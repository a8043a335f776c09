-- ===== src/Schema/Router/Order.antt =====
-- The order of the routes, and what sorting by it gives.
use light_waf.Prelude.{
  ℕ, Bool, true, false, List, [], ◌∷◌, ◌≡◌, refl, arith, All, Bool-cases, inl, inr, if◌then◌else◌,
}
use mathlib.Core.List.Memᴰ
use mathlib.Core.List.{Memᴰ}
use light_waf.Schema.Router.{Route, is_less_then, specificity, route_lt, insert, sort}

is_less_then_asym :
    (a b : List ℕ) (r s : Bool)
    → is_less_then a b r ≡ true
    → (r ≡ true → s ≡ false)
    → is_less_then b a s ≡ false
unfolding is_less_then
is_less_then_asym [] [] r s h k = k h
is_less_then_asym [] (y ∷ b) r s h k = refl
is_less_then_asym (x ∷ a) [] r s h k = absurd (ground arith)
is_less_then_asym (x ∷ a) (y ∷ b) r s h k = ground (arith, is_less_then_asym a b r s)

-- what is not less stays so along a chain
is_less_then_chain :
    (z y x : List ℕ) (r s t : Bool)
    → is_less_then z y r ≡ false
    → is_less_then y x s ≡ false
    → (r ≡ false → s ≡ false → t ≡ false)
    → is_less_then z x t ≡ false
unfolding is_less_then
is_less_then_chain [] [] [] r s t h h' k = k h h'
is_less_then_chain [] [] (x ∷ xs) r s t h h' k = absurd (ground arith)
is_less_then_chain [] (y ∷ ys) xs r s t h h' k = absurd (ground arith)
is_less_then_chain (z ∷ zs) [] [] r s t h h' k = refl
is_less_then_chain (z ∷ zs) [] (x ∷ xs) r s t h h' k = absurd (ground arith)
is_less_then_chain (z ∷ zs) (y ∷ ys) [] r s t h h' k = refl
is_less_then_chain (z ∷ zs) (y ∷ ys) (x ∷ xs) r s t h h' k =
    ground (arith, is_less_then_chain zs ys xs r s t)

route_lt_asym : (a b : Route) → route_lt a b ≡ true → route_lt b a ≡ false
unfolding route_lt
route_lt_asym a b h =
    is_less_then_asym (specificity a.segments) (specificity b.segments)
      (is_less_then a.template b.template false) (is_less_then b.template a.template false) h
      (λ e. is_less_then_asym a.template b.template false false e (λ _. refl))

pub route_lt_chain :
    (c b a : Route) → route_lt c b ≡ false → route_lt b a ≡ false → route_lt c a ≡ false
unfolding route_lt
route_lt_chain c b a h h' =
    is_less_then_chain (specificity c.segments) (specificity b.segments) (specificity a.segments)
      (is_less_then c.template b.template false) (is_less_then b.template a.template false)
      (is_less_then c.template a.template false) h h'
      (λ e e'.
        is_less_then_chain c.template b.template a.template false false false e e' (λ _ _. refl))

pub route_lt_irrefl : (a : Route) → route_lt a a ≡ false
route_lt_irrefl a = elim (Bool-cases (route_lt a a)) [
  | inl before ↦ route_lt_asym a a before
  | inr e ↦ e
]

-- none of these routes goes before `r`
abbrev pub LeadsAll : Route → List Route → Type 0
LeadsAll r = All (λ (s : Route). route_lt s r ≡ false)

abbrev pub IsSorted : List Route → Type 0
IsSorted [] = Unit
IsSorted (r ∷ routes) = LeadsAll r routes × IsSorted routes

LeadsAll-trans :
    (r s : Route) (routes : List Route)
    → route_lt s r ≡ false
    → LeadsAll s routes
    → LeadsAll r routes
LeadsAll-trans r s [] h a = tt
LeadsAll-trans r s (t ∷ routes) h a = (route_lt_chain t s r a.0 h, LeadsAll-trans r s routes h a.1)

LeadsAll-insert :
    (q r : Route) (routes : List Route)
    → route_lt r q ≡ false
    → LeadsAll q routes
    → LeadsAll q (insert r routes)
unfolding insert
LeadsAll-insert q r [] h a = (h, tt)
LeadsAll-insert q r (s ∷ routes) h a = elim (Bool-cases (route_lt s r)) [
  | inl before ↦ rw before (a.0, LeadsAll-insert q r routes h a.1)
  | inr not_before ↦ rw not_before (h, a)
]

insert-IsSorted : (r : Route) (routes : List Route) → IsSorted routes → IsSorted (insert r routes)
unfolding insert
insert-IsSorted r [] h = (tt, tt)
insert-IsSorted r (s ∷ routes) h = elim (Bool-cases (route_lt s r)) [
  | inl before ↦
      rw before
        (LeadsAll-insert s r routes (route_lt_asym s r before) h.0, insert-IsSorted r routes h.1)
  | inr not_before ↦ rw not_before ((not_before, LeadsAll-trans r s routes not_before h.0), h)
]

pub sort-IsSorted : (routes : List Route) → IsSorted (sort routes)
unfolding sort
sort-IsSorted [] = tt
sort-IsSorted (r ∷ routes) = insert-IsSorted r (sort routes) (sort-IsSorted routes)

All-of_branch {κ} :
    (P : Route → Type κ) (b : Bool) (r s : Route) (later routes : List Route)
    → (All P later → P r × All P routes)
    → All P (if b then s ∷ later else r ∷ s ∷ routes)
    → P r × All P (s ∷ routes)
All-of_branch P true r s later routes k h = let (p, rest) = k h.1 in (p, (h.0, rest))
All-of_branch P false r s later routes k h = h

All-of_insert {κ} :
    (P : Route → Type κ) (r : Route) (routes : List Route)
    → All P (insert r routes)
    → P r × All P routes
unfolding insert
All-of_insert P r [] h = h
All-of_insert P r (s ∷ routes) h =
    All-of_branch P (route_lt s r) r s (insert r routes) routes (All-of_insert P r routes) h

pub All-of_sort {κ} :
    (P : Route → Type κ) (routes : List Route) → All P (sort routes) → All P routes
unfolding sort
All-of_sort P [] h = tt
All-of_sort P (r ∷ routes) h =
    let (p, rest) = All-of_insert P r (sort routes) h in (p, All-of_sort P routes rest)

swap_heads :
    {x : Route} (r s : Route) (routes : List Route) → Memᴰ x (r ∷ routes) → Memᴰ x (r ∷ s ∷ routes)
swap_heads r s routes (Memᴰ.head e) = Memᴰ.head e
swap_heads r s routes (Memᴰ.tail there) = Memᴰ.tail (Memᴰ.tail there)

mem_of_branch :
    {x : Route} (b : Bool) (r s : Route) (later routes : List Route)
    → (Memᴰ x later → Memᴰ x (r ∷ routes))
    → Memᴰ x (if b then s ∷ later else r ∷ s ∷ routes)
    → Memᴰ x (r ∷ s ∷ routes)
mem_of_branch true r s later routes k (Memᴰ.head e) = Memᴰ.tail (Memᴰ.head e)
mem_of_branch true r s later routes k (Memᴰ.tail there) = swap_heads r s routes (k there)
mem_of_branch false r s later routes k m = m

mem_of_insert :
    {x : Route} (r : Route) (routes : List Route) → Memᴰ x (insert r routes) → Memᴰ x (r ∷ routes)
unfolding insert
mem_of_insert r [] m = m
mem_of_insert r (s ∷ routes) m =
    mem_of_branch (route_lt s r) r s (insert r routes) routes (mem_of_insert r routes) m

pub mem_of_sort : {x : Route} (routes : List Route) → Memᴰ x (sort routes) → Memᴰ x routes
unfolding sort
mem_of_sort [] m = m
mem_of_sort (r ∷ routes) m = elim (Memᴰ.cases_cons (mem_of_insert r (sort routes) m)) [
  | inl e ↦ Memᴰ.head e
  | inr there ↦ Memᴰ.tail (mem_of_sort routes there)
]
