-- ===== src/Schema/Router/Best.antt =====
-- Resolving finds the most specific declared route.
use light_waf.Prelude.{
  Bool, true, false, none, some, List, [], ◌∷◌, ◌≡◌, ◌≢◌, refl, All, Bytes, Option-cases, inl, inr,
  any, ◌=bytes◌, to_ascii_lowercase, subst, sym, if◌then◌else◌,
}
use light_waf.Schema.Value.{Value}
use light_waf.Schema.Router.{
  Route, Resolution, unknown_route, method_not_allowed, matched, route_lt, sort, build,
  declared_routes, match_path, resolve_among, resolve, split_segments,
}
use light_waf.Schema.Router.Order.{
  route_lt_irrefl, IsSorted, LeadsAll, sort-IsSorted, All-of_sort, mem_of_sort,
}
use mathlib.Core.List.{Memᴰ}

abbrev pub Unmatched : List Bytes → Route → Type 0
Unmatched req r = match_path r req ≡ none

-- a route that matches, and that no route which matches goes before
pub record IsBest (routes : List Route) (req : List Bytes) (r : Route)
    (params : List (Bytes × Bytes)) : Type 0 where
  pub declared : Memᴰ r routes
  pub matches : match_path r req ≡ some params
  pub most_specific : All (λ (s : Route). match_path s req ≢ none → route_lt s r ≡ false) routes

abbrev pub declares : Route → Bytes → Bool
declares r method = any (λ x. x =bytes to_ascii_lowercase method) r.methods

abbrev pub IsResolved : List Route → List Bytes → Bytes → Resolution → Type 0
IsResolved routes req method unknown_route = All (Unmatched req) routes
IsResolved routes req method method_not_allowed =
    (r : Route) × (params : List (Bytes × Bytes)) × IsBest routes req r params
    × (declares r method ≡ false)
IsResolved routes req method (matched template params) =
    (r : Route) × IsBest routes req r params × (declares r method ≡ true) × (r.template ≡ template)

IsBest-skip :
    (r b : Route) (routes : List Route) (req : List Bytes) (params : List (Bytes × Bytes))
    → Unmatched req r
    → IsBest routes req b params
    → IsBest (r ∷ routes) req b params
IsBest-skip r b routes req params e best = record {
  declared = Memᴰ.tail best.declared;
  matches = best.matches;
  most_specific = (λ ne. absurd (ne e), best.most_specific);
}

IsResolved-skip :
    (r : Route) (routes : List Route) (req : List Bytes) (method : Bytes) (res : Resolution)
    → Unmatched req r
    → IsResolved routes req method res
    → IsResolved (r ∷ routes) req method res
IsResolved-skip r routes req method unknown_route e h = (e, h)
IsResolved-skip r routes req method method_not_allowed e (b, params, best, no_method) =
    (b, params, IsBest-skip r b routes req params e best, no_method)
IsResolved-skip r routes req method (matched template params) e (b, best, has, t) =
    (b, IsBest-skip r b routes req params e best, has, t)

All-leads :
    (r : Route) (req : List Bytes) (routes : List Route)
    → LeadsAll r routes
    → All (λ (s : Route). match_path s req ≢ none → route_lt s r ≡ false) routes
All-leads r req [] h = tt
All-leads r req (s ∷ routes) h = (λ _. h.0, All-leads r req routes h.1)

IsBest-first :
    (r : Route) (routes : List Route) (req : List Bytes) (params : List (Bytes × Bytes))
    → match_path r req ≡ some params
    → LeadsAll r routes
    → IsBest (r ∷ routes) req r params
IsBest-first r routes req params e h = record {
  declared = Memᴰ.head refl;
  matches = e;
  most_specific = (λ _. route_lt_irrefl r, All-leads r req routes h);
}

resolve_among-none :
    (r : Route) (routes : List Route) (req : List Bytes) (m : Bytes)
    → match_path r req ≡ none
    → resolve_among (r ∷ routes) req m ≡ resolve_among routes req m
unfolding resolve_among
resolve_among-none r routes req m e = rw (e, resolve_among) refl

resolve_among-some :
    (r : Route) (routes : List Route) (req : List Bytes) (m : Bytes) (params : List (Bytes × Bytes))
    → match_path r req ≡ some params
    → resolve_among (r ∷ routes) req m
      ≡ (if any (λ x. x =bytes m) r.methods then matched r.template params else method_not_allowed)
unfolding resolve_among
resolve_among-some r routes req m params e = rw (e, resolve_among) refl

IsResolved-first :
    (r : Route) (routes : List Route) (req : List Bytes) (method : Bytes)
    (params : List (Bytes × Bytes)) (has : Bool)
    → declares r method ≡ has
    → IsBest (r ∷ routes) req r params
    → IsResolved
        (r ∷ routes)
        req
        method
        (if has then matched r.template params else method_not_allowed)
IsResolved-first r routes req method params true e best = (r, best, e, refl)
IsResolved-first r routes req method params false e best = (r, params, best, e)

resolve_among-IsResolved :
    (routes : List Route) (req : List Bytes) (method : Bytes)
    → IsSorted routes
    → IsResolved routes req method (resolve_among routes req (to_ascii_lowercase method))
resolve_among-IsResolved [] req method h = unfold resolve_among in tt
resolve_among-IsResolved (r ∷ routes) req method h = elim (Option-cases (match_path r req)) [
  | inl e ↦
      subst (IsResolved (r ∷ routes) req method)
        (sym (resolve_among-none r routes req (to_ascii_lowercase method) e))
        (IsResolved-skip r routes req method _ e (resolve_among-IsResolved routes req method h.1))
  | inr (params, e) ↦
      subst (IsResolved (r ∷ routes) req method)
        (sym (resolve_among-some r routes req (to_ascii_lowercase method) params e))
        (IsResolved-first r routes req method params (declares r method) refl
          (IsBest-first r routes req params e h.0))
]

IsBest-of_sort :
    (r : Route) (routes : List Route) (req : List Bytes) (params : List (Bytes × Bytes))
    → IsBest (sort routes) req r params
    → IsBest routes req r params
IsBest-of_sort r routes req params best = record {
  declared = mem_of_sort routes best.declared;
  matches = best.matches;
  most_specific = All-of_sort _ routes best.most_specific;
}

IsResolved-of_sort :
    (routes : List Route) (req : List Bytes) (method : Bytes) (res : Resolution)
    → IsResolved (sort routes) req method res
    → IsResolved routes req method res
IsResolved-of_sort routes req method unknown_route h = All-of_sort (Unmatched req) routes h
IsResolved-of_sort routes req method method_not_allowed (b, params, best, no_method) =
    (b, params, IsBest-of_sort b routes req params best, no_method)
IsResolved-of_sort routes req method (matched template params) (b, best, has, t) =
    (b, IsBest-of_sort b routes req params best, has, t)

-- For any document, path and method, the router that `build` makes of the document resolves them as
-- follows. To an unknown route just where no declared route matches the path's segments. To a matched
-- template, with its parameters, just where that template's route is declared, matches with these
-- parameters, declares the method in lower case, and no declared route that matches is more specific (or as
-- specific with a smaller template). To a method that is not allowed just where such a most specific
-- route does not declare the method, even if a less specific one does.
pub resolve-build :
    (doc : Value) (path method : Bytes)
    → IsResolved
        (declared_routes doc)
        (split_segments path)
        method
        (resolve (build doc) path method)
unfolding resolve build
resolve-build doc path method =
    IsResolved-of_sort (declared_routes doc) (split_segments path) method
      (resolve_among (sort (declared_routes doc)) (split_segments path) (to_ascii_lowercase method))
      (resolve_among-IsResolved (sort (declared_routes doc)) (split_segments path) method
        (sort-IsSorted (declared_routes doc)))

What you are asked to do: State the number of lines above that include the word "Unmatched", and write nothing besides that number.

Task solution: 6